2. When searching for monsters, the minimum and maximum xp cannot be "null". I've been using values of 0 and 1000000 respectively.

3. If you're using any sort of automation to pick up the interface, the API itself has the incorrect address listed. It lists "http://www.wizards.com/CompendiumSearch.asmx/[METHOD]" but it should be "http://www.wizards.com/dndinsider/compendium/CompendiumSearch.asmx/[METHOD]".

4. It says that several parameters are optional. For example, with a KeywordSearch, Tab is listed as being optional. This is technically true, but you still need to pass a Tab parameter-- just leave it empty.

5. Since releasing the API documentation, they've added a new required parameter called "NameOnly." It doesn't appear to do anything (I've tried setting it to both True and False, and noticed no difference). I recommend setting it to false. This parameter is required for KeywordSearch and KeywordSearchWithFilters

If anyone else has caught anything or just has any tips, please post 'em! This is my first time working with someone else's API and with SOAP, so I'd love to pick people's brains.

Oh, one thing that might not be obvious... If you're doing something in JavaScript, many recent browsers such as Firefox 3.5 have built in protections against cross-domain scripting which prevent a page on, say, asmor.com from loading data from, let's say, wizards.com. One way to get around that is to use a proxy on your webserver... I did some searching and found a PHP proxy specifically for these purposes which grabs the external data and returns it.


----------



## Asmor (Aug 7, 2009)

Woops, just found another one. Minimum and Maximum levels also can't be null. I'm using 0 and 100 as defaults when not specified.


----------



## malraux (Aug 7, 2009)

For numeric fields, typically -1 is the effective null command.  The nameonly flag should be there to only search in the names and not in the rest of the text, I haven't checked it to see if it works, and just set mine to always false as well.
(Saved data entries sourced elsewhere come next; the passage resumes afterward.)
-- ===== src/Correlator/Tests.antt =====
-- The correlator on concrete inputs: a storm of two alerts, its echo, and a dependent service.
use proof_ops.Common.{take_chars, ℕ, String, refl, false, none, List, [], ◌∷◌, ltb}
use mathlib.Core.List.{Perm}
use proof_ops.Contracts.Value.{
  Value, str, sequence, mapping, no_item, item, no_binding, binding, get,
}
use proof_ops.Contracts.Vocabulary.{prod, staging, Environment, environment_name}
use proof_ops.Correlator.Alert.{
  Alert, alert_signature, lookup, assign, tally_alert, deduplicate_from, deduplicate, Tally,
}
use proof_ops.Correlator.Signals.{
  Measures, no_number, split_words, is_similar, edges_from, topology_edges, fingerprint,
  deploy_in_window, max_err_from, service_max_err, severity, p3,
}
use proof_ops.Correlator.Group.{
  Group, incidents_of, sort_by_ts, is_mergeable, place, key_for, group_from, incident_of, correlate,
  Incident,
}
use proof_ops.Correlator.Coverage.{All, Some, IsFor, deduplicate_covers}
use proof_ops.Correlator.Partition.{shared_out, groups-Perm, Members, Distinct}
use proof_ops.Correlator.Members.{groups-Members}
use proof_ops.Correlator.Account.{Accounts, correlate-Accounts}

abbrev alert : String → String → Environment → ℕ → String → Alert
alert id service env ts sig = record {
  alert_id = id;
  service = service;
  environment = env;
  timestamp = ts;
  metadata = binding "signature" (str sig) no_binding;
}

abbrev storm : List Alert
storm =
    alert "al-2" "web" prod 2000000 "error_rate_spike"
    ∷ alert "al-1" "web" prod 1000000 "error_rate_spike"
    ∷ alert "al-3" "db" staging 500000 "error_rate_spike"
    ∷ []

abbrev measures : Measures ℕ
measures = record {
  sha256_hex = λ t. t;
  ticks_of = λ v. no_number;
  casts = record { int_of_text = λ s. none; int_of_other = λ s. none; repr = λ v. "?" };
  lt = ltb;
  nought = 0;
  one_percent = 1;
  five_percent = 5;
  reading = λ v. no_number;
}

abbrev kept : Tally
kept = record {
  seen_ids = "al-3" ∷ "al-1" ∷ [];
  last_seen =
      (("db", "error_rate_spike", "staging"), 500000)
      ∷ (("web", "error_rate_spike", "prod"), 1000000)
      ∷ [];
  unique =
      alert "al-3" "db" staging 500000 "error_rate_spike"
      ∷ alert "al-1" "web" prod 1000000 "error_rate_spike"
      ∷ [];
  suppressed = 1;
  by_key = (("web", "error_rate_spike", "prod"), 1) ∷ [];
}

deduplicate_covers_example : All (λ a. Some (IsFor a) kept.unique) (sort_by_ts storm)
unfolding deduplicate deduplicate_from tally_alert alert_signature lookup assign get
    environment_name sort_by_ts
deduplicate_covers_example = deduplicate_covers (sort_by_ts storm) {t = kept} refl

abbrev depends : Value
depends = mapping (
    binding "service" (str "web")
      (binding "depends_on" (sequence (item (str "db") no_item)) no_binding))

-- The two services are joined, although the environments differ.
abbrev together : Group
together = record {
  service = "db";
  signature = "error_rate_spike";
  env = "staging";
  fp = "db|error_rate_sp";
  alerts = kept.unique;
  last_ts = 1000000;
  keys = ("db", "error_rate_spike", "staging") ∷ ("web", "error_rate_spike", "prod") ∷ [];
}

groups-Perm_example : Perm (shared_out (together ∷ [])) kept.unique
unfolding group_from place is_mergeable key_for fingerprint deploy_in_window take_chars is_similar
    split_words alert_signature get environment_name
groups-Perm_example =
    groups-Perm measures [] (("web", "db") ∷ []) kept.unique {gs = together ∷ []} refl

groups-Members_example :
    Members measures [] (("web", "db") ∷ []) (together ∷ []) × Distinct (together ∷ [])
unfolding group_from place is_mergeable key_for fingerprint deploy_in_window take_chars is_similar
    split_words alert_signature get environment_name
groups-Members_example =
    groups-Members measures [] (("web", "db") ∷ []) kept.unique {gs = together ∷ []} refl

-- The error spike in production becomes an incident of staging, of the third severity.
abbrev outcome : Incident
outcome = record {
  fingerprint = "db|error_rate_sp";
  severity = p3;
  service = "db";
  environment = "staging";
  source_alert_ids = "al-3" ∷ "al-1" ∷ [];
  detected_at = 500000;
  signature = "error_rate_spike";
  alert_count = 2;
  suppressed_duplicates = 1;
  source_alert_ids_capped = false;
}

correlate-Accounts_example : Accounts measures storm (outcome ∷ [])
unfolding correlate topology_edges edges_from sort_by_ts deduplicate deduplicate_from tally_alert
    lookup assign group_from place is_mergeable key_for fingerprint deploy_in_window take_chars
    is_similar split_words alert_signature get environment_name incidents_of incident_of severity
    service_max_err max_err_from
correlate-Accounts_example =
    correlate-Accounts measures storm [] [] depends {incidents = outcome ∷ []} refl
You should really get a packet sniffer to check the stuff being sent from the official compendium app.  It's more accurate than using the official documentation.


----------



## malraux (Aug 7, 2009)

Ok this one has been bugging me.  How the hell does the compendium store data about trap types?  It obviously knows traps from hazards, but the xml doesn't store that data in any apparent way.  Looking through the java of the compendium, it doesn't have a list of that info anywhere, which would defeat the point of storing stuff in xml files anyway.  This is seriously bugging me.


----------



## malraux (Aug 7, 2009)

Oh, and not to overpost or anything, but here is the current version of my compendium interface for the mac.  It should run on 10.4 and up.  My development of it at the moment is stalled as I'll need to rework the interface because apple doesn't let you do dumb stuff with tabs (ie create multiple rows of tabs).

The main bug issue right now that's obvious is that the clear button doesn't do anything.  Lesser issues are that I need to clean up the column sorting.  The app also seems to take a while to load, which is cause by having to get data from the wizards website before opening the window.  But for mac use, I've found it to be much faster than using the web based wizards one.

Feedback is appreciated.


----------



## mpattee (Aug 12, 2009)

malraux said:


> Oh, and not to overpost or anything, but here is the current version of my compendium interface for the mac.  It should run on 10.4 and up.  My development of it at the moment is stalled as I'll need to rework the interface because apple doesn't let you do dumb stuff with tabs (ie create multiple rows of tabs).
> 
> The main bug issue right now that's obvious is that the clear button doesn't do anything.  Lesser issues are that I need to clean up the column sorting.  The app also seems to take a while to load, which is cause by having to get data from the wizards website before opening the window.  But for mac use, I've found it to be much faster than using the web based wizards one.
> 
> Feedback is appreciated.




I was curious if you're developing your interface into the soap calls as a separate library? If so have you thought about making that portion of the app available? I'm currently working on a few iphone apps that this would be quite helpful with. Also if you're interested I could probably help a bit on your desktop app as well. My mind is racing a bit right now since I just came across the API options for the DDI compendium.


----------



## mpattee (Aug 12, 2009)

Asmor said:


> 5. Since releasing the API documentation, they've added a new required parameter called "NameOnly." It doesn't appear to do anything (I've tried setting it to both True and False, and noticed no difference). I recommend setting it to false. This parameter is required for KeywordSearch and KeywordSearchWithFilters




Setting NameOnly to true makes it so it only searches in the name field for the keywords.


----------



## Asmor (Aug 12, 2009)

mpattee said:


> Setting NameOnly to true makes it so it only searches in the name field for the keywords.




Ah, cool. Thanks!


----------



## malraux (Aug 13, 2009)

mpattee said:


> I was curious if you're developing your interface into the soap calls as a separate library? If so have you thought about making that portion of the app available? I'm currently working on a few iphone apps that this would be quite helpful with. Also if you're interested I could probably help a bit on your desktop app as well. My mind is racing a bit right now since I just came across the API options for the DDI compendium.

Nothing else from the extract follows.